▶ ACTIVITY
Look down the entries below and report how many lines hold the string "Interning"; write nothing else.

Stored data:

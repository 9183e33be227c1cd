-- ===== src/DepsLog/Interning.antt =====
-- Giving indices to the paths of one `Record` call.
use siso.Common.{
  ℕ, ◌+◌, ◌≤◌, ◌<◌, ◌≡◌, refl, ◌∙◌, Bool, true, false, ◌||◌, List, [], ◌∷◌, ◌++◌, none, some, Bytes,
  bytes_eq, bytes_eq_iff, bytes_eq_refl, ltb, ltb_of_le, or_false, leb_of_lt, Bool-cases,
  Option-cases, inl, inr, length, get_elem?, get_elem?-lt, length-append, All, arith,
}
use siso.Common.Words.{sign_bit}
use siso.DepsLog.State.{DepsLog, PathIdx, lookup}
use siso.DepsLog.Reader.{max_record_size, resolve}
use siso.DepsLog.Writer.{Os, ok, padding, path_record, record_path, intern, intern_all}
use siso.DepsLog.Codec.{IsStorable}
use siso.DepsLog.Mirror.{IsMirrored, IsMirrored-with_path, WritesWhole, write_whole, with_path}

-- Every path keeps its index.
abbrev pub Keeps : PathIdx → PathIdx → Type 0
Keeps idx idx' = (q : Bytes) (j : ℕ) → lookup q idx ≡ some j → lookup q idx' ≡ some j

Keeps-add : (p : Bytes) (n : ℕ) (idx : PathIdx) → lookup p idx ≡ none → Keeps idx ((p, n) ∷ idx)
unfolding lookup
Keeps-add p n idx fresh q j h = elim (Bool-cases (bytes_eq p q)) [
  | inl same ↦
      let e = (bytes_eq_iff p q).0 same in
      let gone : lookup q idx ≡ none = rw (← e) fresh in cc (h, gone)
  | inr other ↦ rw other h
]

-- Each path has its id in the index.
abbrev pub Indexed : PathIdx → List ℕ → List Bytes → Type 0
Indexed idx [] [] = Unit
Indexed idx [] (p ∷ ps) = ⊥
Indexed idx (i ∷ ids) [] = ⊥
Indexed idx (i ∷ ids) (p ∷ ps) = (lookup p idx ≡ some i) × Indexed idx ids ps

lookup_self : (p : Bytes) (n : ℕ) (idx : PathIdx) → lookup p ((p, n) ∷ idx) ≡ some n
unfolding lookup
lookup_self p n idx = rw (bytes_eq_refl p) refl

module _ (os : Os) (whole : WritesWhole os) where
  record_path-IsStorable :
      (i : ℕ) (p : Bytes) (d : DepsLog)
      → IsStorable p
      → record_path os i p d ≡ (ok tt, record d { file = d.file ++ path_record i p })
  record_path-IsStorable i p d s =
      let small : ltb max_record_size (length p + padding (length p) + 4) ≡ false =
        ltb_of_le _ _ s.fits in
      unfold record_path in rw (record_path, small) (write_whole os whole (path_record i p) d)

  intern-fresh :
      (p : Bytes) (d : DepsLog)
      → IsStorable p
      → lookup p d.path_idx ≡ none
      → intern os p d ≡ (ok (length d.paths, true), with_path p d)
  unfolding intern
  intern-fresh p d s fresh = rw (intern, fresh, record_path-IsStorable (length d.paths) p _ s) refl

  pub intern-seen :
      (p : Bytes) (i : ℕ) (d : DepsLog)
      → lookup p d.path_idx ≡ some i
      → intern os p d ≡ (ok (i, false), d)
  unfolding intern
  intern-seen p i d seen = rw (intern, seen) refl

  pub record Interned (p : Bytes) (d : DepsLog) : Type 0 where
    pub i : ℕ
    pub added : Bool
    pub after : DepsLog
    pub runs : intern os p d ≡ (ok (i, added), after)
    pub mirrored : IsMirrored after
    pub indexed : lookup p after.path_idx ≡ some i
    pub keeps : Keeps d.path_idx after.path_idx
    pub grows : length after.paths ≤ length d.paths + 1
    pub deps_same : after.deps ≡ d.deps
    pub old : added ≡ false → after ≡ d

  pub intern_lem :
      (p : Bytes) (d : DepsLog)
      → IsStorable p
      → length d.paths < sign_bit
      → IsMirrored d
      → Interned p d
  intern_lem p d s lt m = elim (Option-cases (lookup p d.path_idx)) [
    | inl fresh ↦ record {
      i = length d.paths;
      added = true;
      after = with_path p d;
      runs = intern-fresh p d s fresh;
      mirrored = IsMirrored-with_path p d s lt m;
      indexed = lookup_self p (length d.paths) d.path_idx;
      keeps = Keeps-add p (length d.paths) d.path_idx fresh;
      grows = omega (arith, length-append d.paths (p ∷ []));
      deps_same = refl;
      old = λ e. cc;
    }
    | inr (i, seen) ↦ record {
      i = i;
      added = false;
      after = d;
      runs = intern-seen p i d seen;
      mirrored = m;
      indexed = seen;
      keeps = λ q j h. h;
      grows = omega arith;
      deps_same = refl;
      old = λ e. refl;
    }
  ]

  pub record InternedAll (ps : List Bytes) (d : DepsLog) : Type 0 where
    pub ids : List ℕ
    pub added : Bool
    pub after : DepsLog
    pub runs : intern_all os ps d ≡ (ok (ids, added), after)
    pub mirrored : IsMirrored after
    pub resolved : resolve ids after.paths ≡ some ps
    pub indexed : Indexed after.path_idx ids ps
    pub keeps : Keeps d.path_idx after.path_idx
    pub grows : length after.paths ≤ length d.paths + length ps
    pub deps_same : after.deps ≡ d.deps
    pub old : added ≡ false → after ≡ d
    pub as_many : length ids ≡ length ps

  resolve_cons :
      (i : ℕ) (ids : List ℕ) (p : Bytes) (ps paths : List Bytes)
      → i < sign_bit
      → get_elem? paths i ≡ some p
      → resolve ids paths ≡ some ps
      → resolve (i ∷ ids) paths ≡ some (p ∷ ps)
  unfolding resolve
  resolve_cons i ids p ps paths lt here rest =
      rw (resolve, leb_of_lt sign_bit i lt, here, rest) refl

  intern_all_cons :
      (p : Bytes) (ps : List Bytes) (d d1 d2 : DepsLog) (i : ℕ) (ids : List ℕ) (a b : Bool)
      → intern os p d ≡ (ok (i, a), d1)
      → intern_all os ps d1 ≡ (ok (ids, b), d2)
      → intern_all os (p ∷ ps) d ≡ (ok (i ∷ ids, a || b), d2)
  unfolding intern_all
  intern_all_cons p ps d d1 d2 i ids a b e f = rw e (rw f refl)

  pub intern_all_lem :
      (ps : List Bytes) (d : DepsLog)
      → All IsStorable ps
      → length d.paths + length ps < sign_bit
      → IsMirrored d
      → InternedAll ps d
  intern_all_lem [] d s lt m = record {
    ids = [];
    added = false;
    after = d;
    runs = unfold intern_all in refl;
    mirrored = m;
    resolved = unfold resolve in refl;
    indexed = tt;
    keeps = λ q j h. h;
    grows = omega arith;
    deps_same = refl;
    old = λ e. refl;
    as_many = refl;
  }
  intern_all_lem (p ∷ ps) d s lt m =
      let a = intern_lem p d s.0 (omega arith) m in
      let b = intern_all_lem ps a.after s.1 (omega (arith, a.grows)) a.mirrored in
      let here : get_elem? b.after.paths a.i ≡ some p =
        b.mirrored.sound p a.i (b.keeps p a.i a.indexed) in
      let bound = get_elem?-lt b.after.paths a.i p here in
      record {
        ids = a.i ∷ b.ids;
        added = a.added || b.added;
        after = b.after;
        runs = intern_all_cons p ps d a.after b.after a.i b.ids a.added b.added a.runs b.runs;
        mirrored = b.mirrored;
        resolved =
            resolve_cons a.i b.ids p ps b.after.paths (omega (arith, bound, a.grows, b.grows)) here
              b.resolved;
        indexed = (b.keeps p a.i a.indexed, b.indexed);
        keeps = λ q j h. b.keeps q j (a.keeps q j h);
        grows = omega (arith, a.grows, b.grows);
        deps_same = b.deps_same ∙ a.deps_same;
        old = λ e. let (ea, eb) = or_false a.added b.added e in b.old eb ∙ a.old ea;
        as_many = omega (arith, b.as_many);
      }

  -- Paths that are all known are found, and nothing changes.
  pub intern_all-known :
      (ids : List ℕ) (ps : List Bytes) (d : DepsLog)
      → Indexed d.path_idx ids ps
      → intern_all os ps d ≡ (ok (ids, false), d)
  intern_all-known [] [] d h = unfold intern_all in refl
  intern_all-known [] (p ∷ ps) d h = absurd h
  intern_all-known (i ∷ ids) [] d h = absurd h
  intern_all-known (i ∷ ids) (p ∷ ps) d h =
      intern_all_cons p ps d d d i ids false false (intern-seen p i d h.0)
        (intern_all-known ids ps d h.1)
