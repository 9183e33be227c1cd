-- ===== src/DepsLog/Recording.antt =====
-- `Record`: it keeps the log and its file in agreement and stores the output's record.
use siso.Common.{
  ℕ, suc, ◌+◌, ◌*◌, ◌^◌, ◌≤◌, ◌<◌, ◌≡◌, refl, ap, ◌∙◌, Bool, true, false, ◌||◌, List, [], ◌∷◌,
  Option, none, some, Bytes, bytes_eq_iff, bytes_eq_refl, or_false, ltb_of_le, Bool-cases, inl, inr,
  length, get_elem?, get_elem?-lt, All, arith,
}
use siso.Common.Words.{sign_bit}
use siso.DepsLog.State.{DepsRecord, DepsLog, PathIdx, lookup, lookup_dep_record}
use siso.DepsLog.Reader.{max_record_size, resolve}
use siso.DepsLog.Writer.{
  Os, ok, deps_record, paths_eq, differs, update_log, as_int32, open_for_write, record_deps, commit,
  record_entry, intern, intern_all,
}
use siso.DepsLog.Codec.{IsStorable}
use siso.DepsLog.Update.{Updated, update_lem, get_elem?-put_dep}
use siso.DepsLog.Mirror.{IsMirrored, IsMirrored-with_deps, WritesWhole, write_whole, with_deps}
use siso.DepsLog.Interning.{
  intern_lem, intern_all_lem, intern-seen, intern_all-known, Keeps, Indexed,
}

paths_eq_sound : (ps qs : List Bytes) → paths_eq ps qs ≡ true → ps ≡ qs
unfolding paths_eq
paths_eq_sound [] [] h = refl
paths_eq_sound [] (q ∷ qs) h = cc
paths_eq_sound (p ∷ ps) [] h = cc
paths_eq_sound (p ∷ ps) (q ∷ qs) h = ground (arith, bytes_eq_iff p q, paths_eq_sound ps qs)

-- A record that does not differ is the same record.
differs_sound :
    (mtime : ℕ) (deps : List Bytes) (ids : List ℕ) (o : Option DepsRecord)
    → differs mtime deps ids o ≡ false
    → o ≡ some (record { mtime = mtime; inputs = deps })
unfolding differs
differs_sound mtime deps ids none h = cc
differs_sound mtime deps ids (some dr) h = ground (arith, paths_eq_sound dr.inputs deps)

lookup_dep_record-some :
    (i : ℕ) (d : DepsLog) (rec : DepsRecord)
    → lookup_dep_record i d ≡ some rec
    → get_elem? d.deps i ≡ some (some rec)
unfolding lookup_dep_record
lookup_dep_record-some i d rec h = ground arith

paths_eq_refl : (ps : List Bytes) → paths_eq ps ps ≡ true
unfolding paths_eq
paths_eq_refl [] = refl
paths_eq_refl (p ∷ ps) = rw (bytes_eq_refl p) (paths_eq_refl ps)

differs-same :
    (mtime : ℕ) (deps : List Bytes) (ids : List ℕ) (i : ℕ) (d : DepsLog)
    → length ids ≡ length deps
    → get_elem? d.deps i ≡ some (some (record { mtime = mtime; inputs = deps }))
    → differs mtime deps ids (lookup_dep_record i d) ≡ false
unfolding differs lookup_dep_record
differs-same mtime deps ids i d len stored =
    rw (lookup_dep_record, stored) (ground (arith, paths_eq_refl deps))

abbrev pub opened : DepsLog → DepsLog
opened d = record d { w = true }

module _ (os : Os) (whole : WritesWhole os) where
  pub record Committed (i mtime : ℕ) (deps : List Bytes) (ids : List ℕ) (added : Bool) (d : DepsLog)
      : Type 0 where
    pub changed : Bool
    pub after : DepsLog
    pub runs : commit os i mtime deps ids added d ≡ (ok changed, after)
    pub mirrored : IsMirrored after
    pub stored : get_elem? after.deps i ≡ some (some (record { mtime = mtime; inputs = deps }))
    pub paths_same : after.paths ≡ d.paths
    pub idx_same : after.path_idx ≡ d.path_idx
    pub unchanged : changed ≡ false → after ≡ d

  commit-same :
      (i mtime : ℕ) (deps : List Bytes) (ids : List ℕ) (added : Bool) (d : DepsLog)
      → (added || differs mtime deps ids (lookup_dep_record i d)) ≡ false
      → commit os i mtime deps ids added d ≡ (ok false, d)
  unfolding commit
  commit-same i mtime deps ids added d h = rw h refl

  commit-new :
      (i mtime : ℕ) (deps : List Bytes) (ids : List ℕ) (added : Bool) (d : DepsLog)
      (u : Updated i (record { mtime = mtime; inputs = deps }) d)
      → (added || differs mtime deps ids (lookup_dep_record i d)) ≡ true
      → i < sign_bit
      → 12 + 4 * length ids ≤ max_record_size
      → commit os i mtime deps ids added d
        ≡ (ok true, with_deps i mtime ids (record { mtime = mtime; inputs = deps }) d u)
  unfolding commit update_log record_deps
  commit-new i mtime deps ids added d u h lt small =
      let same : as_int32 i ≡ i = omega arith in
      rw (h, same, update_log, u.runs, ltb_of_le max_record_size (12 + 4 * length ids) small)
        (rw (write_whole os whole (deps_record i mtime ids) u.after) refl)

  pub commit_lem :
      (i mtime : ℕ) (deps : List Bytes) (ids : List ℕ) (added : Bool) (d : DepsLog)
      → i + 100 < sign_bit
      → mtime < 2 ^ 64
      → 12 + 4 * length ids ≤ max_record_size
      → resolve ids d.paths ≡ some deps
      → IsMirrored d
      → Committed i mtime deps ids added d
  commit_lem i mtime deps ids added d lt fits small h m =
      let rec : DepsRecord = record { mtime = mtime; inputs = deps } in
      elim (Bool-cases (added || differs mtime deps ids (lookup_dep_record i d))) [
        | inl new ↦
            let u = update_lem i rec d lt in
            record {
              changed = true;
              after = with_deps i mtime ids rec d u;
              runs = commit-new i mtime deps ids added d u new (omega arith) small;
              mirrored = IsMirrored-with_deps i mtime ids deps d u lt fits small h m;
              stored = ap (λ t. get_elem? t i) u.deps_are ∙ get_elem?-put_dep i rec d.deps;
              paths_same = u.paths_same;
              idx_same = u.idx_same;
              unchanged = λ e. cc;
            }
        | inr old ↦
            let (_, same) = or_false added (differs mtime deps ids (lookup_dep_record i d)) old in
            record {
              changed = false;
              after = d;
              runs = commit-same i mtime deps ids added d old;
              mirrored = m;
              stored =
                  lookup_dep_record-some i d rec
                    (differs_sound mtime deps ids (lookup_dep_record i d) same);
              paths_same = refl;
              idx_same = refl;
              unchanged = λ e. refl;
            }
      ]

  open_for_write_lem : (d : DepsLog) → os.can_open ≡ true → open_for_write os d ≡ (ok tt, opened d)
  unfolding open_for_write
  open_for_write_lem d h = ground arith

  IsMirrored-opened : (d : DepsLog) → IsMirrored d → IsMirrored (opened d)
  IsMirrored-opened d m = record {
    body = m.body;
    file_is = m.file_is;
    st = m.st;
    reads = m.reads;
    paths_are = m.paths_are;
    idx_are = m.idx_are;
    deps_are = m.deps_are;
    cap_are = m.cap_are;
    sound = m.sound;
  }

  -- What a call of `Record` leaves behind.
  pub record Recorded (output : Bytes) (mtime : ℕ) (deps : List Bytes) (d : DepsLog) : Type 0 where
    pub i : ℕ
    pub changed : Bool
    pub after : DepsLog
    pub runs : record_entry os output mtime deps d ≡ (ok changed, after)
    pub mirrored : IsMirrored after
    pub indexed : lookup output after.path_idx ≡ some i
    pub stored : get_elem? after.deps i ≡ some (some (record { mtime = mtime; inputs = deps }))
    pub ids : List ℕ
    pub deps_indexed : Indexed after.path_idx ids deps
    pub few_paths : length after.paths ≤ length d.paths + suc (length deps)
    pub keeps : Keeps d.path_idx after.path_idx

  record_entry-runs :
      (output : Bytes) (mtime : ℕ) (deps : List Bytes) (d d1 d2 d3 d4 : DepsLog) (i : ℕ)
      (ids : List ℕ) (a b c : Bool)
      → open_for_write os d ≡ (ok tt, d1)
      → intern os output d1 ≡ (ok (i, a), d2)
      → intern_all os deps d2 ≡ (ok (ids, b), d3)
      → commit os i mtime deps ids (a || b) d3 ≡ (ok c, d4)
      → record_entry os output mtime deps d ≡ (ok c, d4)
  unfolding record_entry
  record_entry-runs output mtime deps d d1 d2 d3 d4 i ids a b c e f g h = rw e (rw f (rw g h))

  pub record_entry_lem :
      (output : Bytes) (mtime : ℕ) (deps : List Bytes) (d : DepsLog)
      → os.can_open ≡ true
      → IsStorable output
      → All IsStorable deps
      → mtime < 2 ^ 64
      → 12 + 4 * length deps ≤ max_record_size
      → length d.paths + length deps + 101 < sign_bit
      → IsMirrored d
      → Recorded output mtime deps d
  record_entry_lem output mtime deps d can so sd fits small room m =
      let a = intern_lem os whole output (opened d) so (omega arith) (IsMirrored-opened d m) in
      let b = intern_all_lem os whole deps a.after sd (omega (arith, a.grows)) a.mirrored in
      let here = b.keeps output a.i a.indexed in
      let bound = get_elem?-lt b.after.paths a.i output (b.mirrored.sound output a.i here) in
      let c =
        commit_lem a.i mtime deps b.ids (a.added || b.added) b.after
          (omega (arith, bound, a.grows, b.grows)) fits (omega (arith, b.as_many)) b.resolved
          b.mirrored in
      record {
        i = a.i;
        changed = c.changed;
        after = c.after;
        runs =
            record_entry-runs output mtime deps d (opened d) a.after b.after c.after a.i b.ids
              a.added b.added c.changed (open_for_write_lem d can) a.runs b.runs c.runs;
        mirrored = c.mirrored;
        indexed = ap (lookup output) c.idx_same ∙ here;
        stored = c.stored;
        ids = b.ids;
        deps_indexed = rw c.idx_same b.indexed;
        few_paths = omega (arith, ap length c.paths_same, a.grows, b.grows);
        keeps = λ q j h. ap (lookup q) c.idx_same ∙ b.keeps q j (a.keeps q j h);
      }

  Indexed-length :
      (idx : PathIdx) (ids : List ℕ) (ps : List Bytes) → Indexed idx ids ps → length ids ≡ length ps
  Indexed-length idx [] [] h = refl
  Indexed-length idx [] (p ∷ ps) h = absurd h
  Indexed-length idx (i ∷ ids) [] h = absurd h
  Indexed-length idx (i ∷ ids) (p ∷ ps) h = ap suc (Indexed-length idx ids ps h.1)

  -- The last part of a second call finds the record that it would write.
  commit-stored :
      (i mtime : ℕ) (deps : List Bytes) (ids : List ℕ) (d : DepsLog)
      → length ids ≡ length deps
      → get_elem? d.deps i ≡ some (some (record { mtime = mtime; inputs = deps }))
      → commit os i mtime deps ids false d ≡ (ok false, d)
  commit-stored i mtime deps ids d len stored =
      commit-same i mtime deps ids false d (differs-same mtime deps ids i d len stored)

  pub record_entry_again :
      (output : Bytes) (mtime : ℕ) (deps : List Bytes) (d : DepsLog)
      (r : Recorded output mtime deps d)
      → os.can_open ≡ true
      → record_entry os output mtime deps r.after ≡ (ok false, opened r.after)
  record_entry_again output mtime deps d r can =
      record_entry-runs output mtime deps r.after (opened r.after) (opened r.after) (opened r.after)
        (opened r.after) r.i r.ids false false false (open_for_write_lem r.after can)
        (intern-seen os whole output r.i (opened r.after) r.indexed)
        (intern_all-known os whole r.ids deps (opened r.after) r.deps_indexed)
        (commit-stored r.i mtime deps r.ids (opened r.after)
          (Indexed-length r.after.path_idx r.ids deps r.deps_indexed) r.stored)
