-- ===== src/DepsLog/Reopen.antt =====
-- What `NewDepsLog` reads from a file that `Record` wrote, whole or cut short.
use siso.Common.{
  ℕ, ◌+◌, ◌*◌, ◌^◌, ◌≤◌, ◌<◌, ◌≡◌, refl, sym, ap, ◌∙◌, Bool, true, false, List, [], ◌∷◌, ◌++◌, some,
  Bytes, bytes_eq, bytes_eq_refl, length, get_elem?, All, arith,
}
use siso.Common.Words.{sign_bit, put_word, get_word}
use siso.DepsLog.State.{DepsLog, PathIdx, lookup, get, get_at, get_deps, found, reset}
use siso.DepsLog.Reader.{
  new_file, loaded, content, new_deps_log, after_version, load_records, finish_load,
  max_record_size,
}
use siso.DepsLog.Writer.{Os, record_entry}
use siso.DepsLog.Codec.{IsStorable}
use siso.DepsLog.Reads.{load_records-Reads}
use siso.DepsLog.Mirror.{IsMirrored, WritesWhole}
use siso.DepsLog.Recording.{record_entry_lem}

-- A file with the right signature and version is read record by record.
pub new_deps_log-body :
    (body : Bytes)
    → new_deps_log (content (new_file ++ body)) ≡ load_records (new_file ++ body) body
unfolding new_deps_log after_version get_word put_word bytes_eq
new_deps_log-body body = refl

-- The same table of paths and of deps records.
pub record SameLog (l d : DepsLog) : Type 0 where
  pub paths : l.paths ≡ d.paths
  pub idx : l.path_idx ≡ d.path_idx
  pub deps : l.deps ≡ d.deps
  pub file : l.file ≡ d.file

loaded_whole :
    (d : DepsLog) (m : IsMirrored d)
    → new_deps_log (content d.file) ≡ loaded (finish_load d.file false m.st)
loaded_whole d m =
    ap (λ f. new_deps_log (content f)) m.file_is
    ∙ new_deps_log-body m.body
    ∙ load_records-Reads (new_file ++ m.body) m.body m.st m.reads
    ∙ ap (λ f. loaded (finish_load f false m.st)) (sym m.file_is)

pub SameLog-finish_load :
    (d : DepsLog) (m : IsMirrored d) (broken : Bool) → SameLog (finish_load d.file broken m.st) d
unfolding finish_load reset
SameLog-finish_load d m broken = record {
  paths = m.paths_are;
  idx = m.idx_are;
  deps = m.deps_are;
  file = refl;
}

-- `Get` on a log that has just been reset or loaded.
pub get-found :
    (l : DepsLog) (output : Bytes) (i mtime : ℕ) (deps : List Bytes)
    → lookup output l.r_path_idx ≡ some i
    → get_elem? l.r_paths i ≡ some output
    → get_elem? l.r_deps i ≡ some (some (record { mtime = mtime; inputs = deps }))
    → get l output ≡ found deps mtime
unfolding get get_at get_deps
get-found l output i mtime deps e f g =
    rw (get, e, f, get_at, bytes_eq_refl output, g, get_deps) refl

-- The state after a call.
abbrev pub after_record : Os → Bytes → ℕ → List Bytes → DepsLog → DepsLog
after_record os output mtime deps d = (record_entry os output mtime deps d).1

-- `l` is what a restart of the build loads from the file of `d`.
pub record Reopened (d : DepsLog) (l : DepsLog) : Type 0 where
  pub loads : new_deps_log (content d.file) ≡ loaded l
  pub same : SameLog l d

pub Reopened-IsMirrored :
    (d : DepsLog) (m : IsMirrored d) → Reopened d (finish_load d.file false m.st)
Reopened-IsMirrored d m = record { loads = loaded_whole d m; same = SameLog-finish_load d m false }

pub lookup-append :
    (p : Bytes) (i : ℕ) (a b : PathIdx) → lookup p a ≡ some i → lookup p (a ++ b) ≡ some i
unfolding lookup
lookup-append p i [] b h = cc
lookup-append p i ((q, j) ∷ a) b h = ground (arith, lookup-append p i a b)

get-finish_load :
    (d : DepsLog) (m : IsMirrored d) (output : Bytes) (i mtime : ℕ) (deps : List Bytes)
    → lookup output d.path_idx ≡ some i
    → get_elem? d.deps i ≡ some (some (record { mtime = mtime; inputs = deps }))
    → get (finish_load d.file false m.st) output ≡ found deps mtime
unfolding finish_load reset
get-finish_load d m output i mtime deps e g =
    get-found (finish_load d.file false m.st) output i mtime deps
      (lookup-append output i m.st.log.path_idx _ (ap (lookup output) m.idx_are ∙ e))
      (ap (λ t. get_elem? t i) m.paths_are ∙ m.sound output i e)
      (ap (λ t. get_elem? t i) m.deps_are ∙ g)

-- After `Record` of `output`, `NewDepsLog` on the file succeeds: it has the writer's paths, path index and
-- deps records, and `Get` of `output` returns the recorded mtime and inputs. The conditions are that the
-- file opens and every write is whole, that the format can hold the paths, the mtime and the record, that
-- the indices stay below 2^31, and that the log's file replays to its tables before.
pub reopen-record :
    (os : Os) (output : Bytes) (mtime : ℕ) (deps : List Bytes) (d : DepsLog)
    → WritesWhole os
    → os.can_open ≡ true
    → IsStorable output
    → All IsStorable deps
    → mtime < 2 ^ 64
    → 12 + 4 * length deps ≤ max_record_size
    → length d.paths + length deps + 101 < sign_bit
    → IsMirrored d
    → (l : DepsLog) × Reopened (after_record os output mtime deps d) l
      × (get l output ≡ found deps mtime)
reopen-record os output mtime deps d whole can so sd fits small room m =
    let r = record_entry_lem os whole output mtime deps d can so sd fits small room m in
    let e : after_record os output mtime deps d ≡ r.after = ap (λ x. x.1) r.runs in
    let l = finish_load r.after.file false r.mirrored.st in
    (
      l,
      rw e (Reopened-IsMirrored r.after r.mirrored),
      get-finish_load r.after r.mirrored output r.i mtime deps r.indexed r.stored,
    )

▶ EXERCISE ANSWER
2